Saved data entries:
· · · · · · ·

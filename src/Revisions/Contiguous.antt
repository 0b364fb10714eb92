-- ===== src/Revisions/Contiguous.antt =====
-- The windows that the builders give meet each other, and the head they show at a time.
use queueboard_core.Prelude.{
  ℕ, ◌≡◌, ◌≤◌, refl, sym, subst, ap, Bool, true, false, Option, none, some, List, [], ◌∷◌, ◌++◌,
  ltb, leb, Option-cases, All, keep, is_empty, Bool-cases, inl, inr, arith, keep-All, All-kept,
}
use queueboard_core.Prelude.Text.{Text, text_eq, or_empty}
use queueboard_core.Prelude.Sorting.{sorted, Ordered, sorted-nonempty}
use queueboard_core.Revisions.Windows.{Window}
use queueboard_core.Revisions.Heads.{
  Head, ForcePush, Segment, seen_before, clamp_heads, build_ci_head_windows, segments_of,
  clamp_segments, in_segment, windows_of_segment, windows_of_segments,
  build_force_push_head_windows,
}
use queueboard_core.Revisions.Meeting.{
  Reaches, Meets, Meets-append, Within, After, windows_of_heads-Meets, sorted-After, sorted_heads,
}
use queueboard_core.Revisions.Shown.{
  pre_of, post_of, shown_at, seen_at, first_head, shown_at-ordered, seen_at-split,
}
use queueboard_core.Revisions.Pushed.{head_in, segment_at, shown_at-pushes}
use queueboard_core.Revisions.Segments.{Joined, pushed_before, segments_of-Joined}

keep-Ordered :
    (p : Head → Bool) (heads : List Head)
    → Ordered seen_before heads
    → Ordered seen_before (keep p heads)
unfolding keep
keep-Ordered p [] o = tt
keep-Ordered p (h ∷ heads) o = elim (Bool-cases (p h)) [
  | inl e ↦ rw e (All-kept p (λ y. leb h.ts y.ts ≡ true) heads o.0, keep-Ordered p heads o.1)
  | inr e ↦ rw e (keep-Ordered p heads o.1)
]

none_pre :
    (start : ℕ) (heads : List Head)
    → is_empty (pre_of start heads) ≡ true
    → All (Within start none) heads
unfolding keep
none_pre start [] e = tt
none_pre start (h ∷ heads) e = elim (Bool-cases (ltb h.ts start)) [
  | inl p ↦ absurd (let bad = rw p at e in cc)
  | inr p ↦ ((ground arith, tt), none_pre start heads (rw p at e))
]

clamp_heads-After :
    (start : ℕ) (pre post ordered : List Head)
    → All (Within start none) post
    → Ordered seen_before post
    → (is_empty pre ≡ true → After start none ordered)
    → After start none (clamp_heads start pre post ordered)
unfolding clamp_heads
clamp_heads-After start [] post ordered a o f = f refl
clamp_heads-After start (h ∷ []) post ordered a o f = (a, o)
clamp_heads-After start (g ∷ h ∷ pre) post ordered a o f =
    clamp_heads-After start (h ∷ pre) post ordered a o (λ e. absurd (cc))

tail-After :
    (start : ℕ) (heads : List Head)
    → is_empty heads ≡ false
    → All (Within start none) heads
    → Ordered seen_before heads
    → After start none heads
tail-After start [] e a o = absurd (cc)
tail-After start (h ∷ heads) e a o = (a.1, o.1)

sorted-clamped :
    (start : ℕ) (first_seen : List Head)
    → is_empty first_seen ≡ false
    → let ordered = sorted seen_before first_seen in
      After start none (clamp_heads start (pre_of start ordered) (post_of start ordered) ordered)
sorted-clamped start first_seen e =
    let ordered = sorted seen_before first_seen in
    let o = sorted_heads first_seen in
    clamp_heads-After start (pre_of start ordered) (post_of start ordered) ordered
      (keep-All (λ h. leb start h.ts) (Within start none) (λ h p. (p, tt)) ordered)
      (keep-Ordered (λ h. leb start h.ts) ordered o)
      (λ n.
        tail-After start ordered (sorted-nonempty seen_before first_seen e)
          (none_pre start ordered n) o)

-- If CI was seen on some head, the windows from CI start at the PR's creation, each one ends where
-- the next one starts, the last one is open, and none ends before it starts. And at every time
-- from the creation on, the last window that has started is of the head that was seen last by
-- that time, be it before the creation; if none was seen by then, of the head that was seen first.
pub build_ci_head_windows-Meets :
    (start t : ℕ) (d : Text) (first_seen : List Head)
    → is_empty first_seen ≡ false
    → start ≤ t
    → let windows = build_ci_head_windows start first_seen in
      let ordered = sorted seen_before first_seen in
      Meets start windows none × (shown_at t d windows ≡ seen_at t (first_head d ordered) ordered)
unfolding build_ci_head_windows
build_ci_head_windows-Meets start t d first_seen e le =
    let ordered = sorted seen_before first_seen in
    let pre = pre_of start ordered in
    let post = post_of start ordered in
    (
      windows_of_heads-Meets none start (clamp_heads start pre post ordered) tt
          (sorted-clamped start first_seen e),
      shown_at-ordered start t d pre post ordered le (sorted-nonempty seen_before first_seen e)
          (seen_at-split start t (first_head d ordered) ordered le (sorted_heads first_seen)),
    )

in_segment-Within :
    (s : Segment) (h : Head) → in_segment s h ≡ true → Within s.seg_start s.seg_end h
in_segment-Within s h p = elim (Option-cases s.seg_end) [
  | inl e ↦ (ground arith, subst (Reaches h.ts) (sym e) tt)
  | inr (end, e) ↦ let q = rw e at p in (ground arith, subst (Reaches h.ts) (sym e) (ground arith))
]

windows_of_segment-Meets :
    (ci : List Head) (s : Segment)
    → Reaches s.seg_start s.seg_end
    → Meets s.seg_start (windows_of_segment ci s) s.seg_end
unfolding windows_of_segment
windows_of_segment-Meets ci s r =
    let heads = record { sha = s.baseline; ts = s.seg_start } ∷ keep (in_segment s) ci in
    windows_of_heads-Meets s.seg_end s.seg_start (sorted seen_before heads) r (
      sorted-After s.seg_start s.seg_end heads refl (
        (ground arith, r),
        keep-All (in_segment s) (Within s.seg_start s.seg_end) (in_segment-Within s) ci,
      ))

windows_of_segment-at :
    (ci : List Head) (s : Segment) (start : ℕ) (end : Option ℕ)
    → s.seg_start ≡ start
    → s.seg_end ≡ end
    → Reaches start end
    → Meets start (windows_of_segment ci s) end
windows_of_segment-at ci s start end a b r =
    let reaches = subst (Reaches s.seg_start) (sym b) (subst (λ t. Reaches t end) (sym a) r) in
    subst (λ t. Meets t (windows_of_segment ci s) end) a
      (subst (Meets s.seg_start (windows_of_segment ci s)) b
        (windows_of_segment-Meets ci s reaches))

append_nil : (ws : List Window) → ws ++ [] ≡ ws
append_nil [] = refl
append_nil (w ∷ ws) = ap (λ l. w ∷ l) (append_nil ws)

windows_of_segments-Meets :
    (ci : List Head) (start : ℕ) (segments : List Segment)
    → Joined start segments
    → Meets start (windows_of_segments ci segments) none
unfolding windows_of_segments Joined
windows_of_segments-Meets ci start [] j = absurd j
windows_of_segments-Meets ci start (s ∷ []) j =
    rw (append_nil (windows_of_segment ci s)) (windows_of_segment-at ci s start none j.0 j.1 tt)
windows_of_segments-Meets ci start (s ∷ r ∷ segments) j =
    Meets-append start r.seg_start (windows_of_segment ci s) (windows_of_segments ci (r ∷ segments))
      none (windows_of_segment-at ci s start (some r.seg_start) j.0 j.1 (omega (arith, j.0, j.2)))
      (windows_of_segments-Meets ci r.seg_start (r ∷ segments) j.3)

-- If there is a force push, and they are in order, the windows from force pushes and CI start at
-- the PR's creation, each one ends where the next one starts, the last one is open, and none ends
-- before it starts: pushes before the creation, and CI rows at any time, make no gap, no overlap
-- and no window that runs backwards. And at every time from the creation on, the last window that
-- has started is of the head that CI first saw last, of the heads, other than the push's own, that
-- it first saw from the last push (or the creation, if that is later) up to the time; if there is
-- none, of the push's own head, which is the one that it made. Where no push is up to the time,
-- the own head is the one that the first push replaced, and CI heads count from the creation on.
pub build_force_push_head_windows-Meets :
    (start t : ℕ) (d : Text) (ev : ForcePush) (fps : List ForcePush) (ci_first_seen : List Head)
    → Ordered pushed_before (ev ∷ fps)
    → start ≤ t
    → let windows = build_force_push_head_windows start (ev ∷ fps) ci_first_seen in
      Meets start windows none
      × (shown_at t d windows
          ≡ head_in t ci_first_seen (segment_at t start start (or_empty ev.before_sha) (ev ∷ fps)))
unfolding build_force_push_head_windows
build_force_push_head_windows-Meets start t d ev fps ci_first_seen o le = (
  windows_of_segments-Meets ci_first_seen start
      (clamp_segments start (segments_of start (ev ∷ fps))) (segments_of-Joined start ev fps o),
  shown_at-pushes start t d ci_first_seen ev fps le o,
)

· · · · · · ·

WORK ORDER: Among the records above, find each line holding the string "open" and pull it out.

PROBLEM SOLUTION:
-- the next one starts, the last one is open, and none ends before it starts. And at every time
-- the PR's creation, each one ends where the next one starts, the last one is open, and none ends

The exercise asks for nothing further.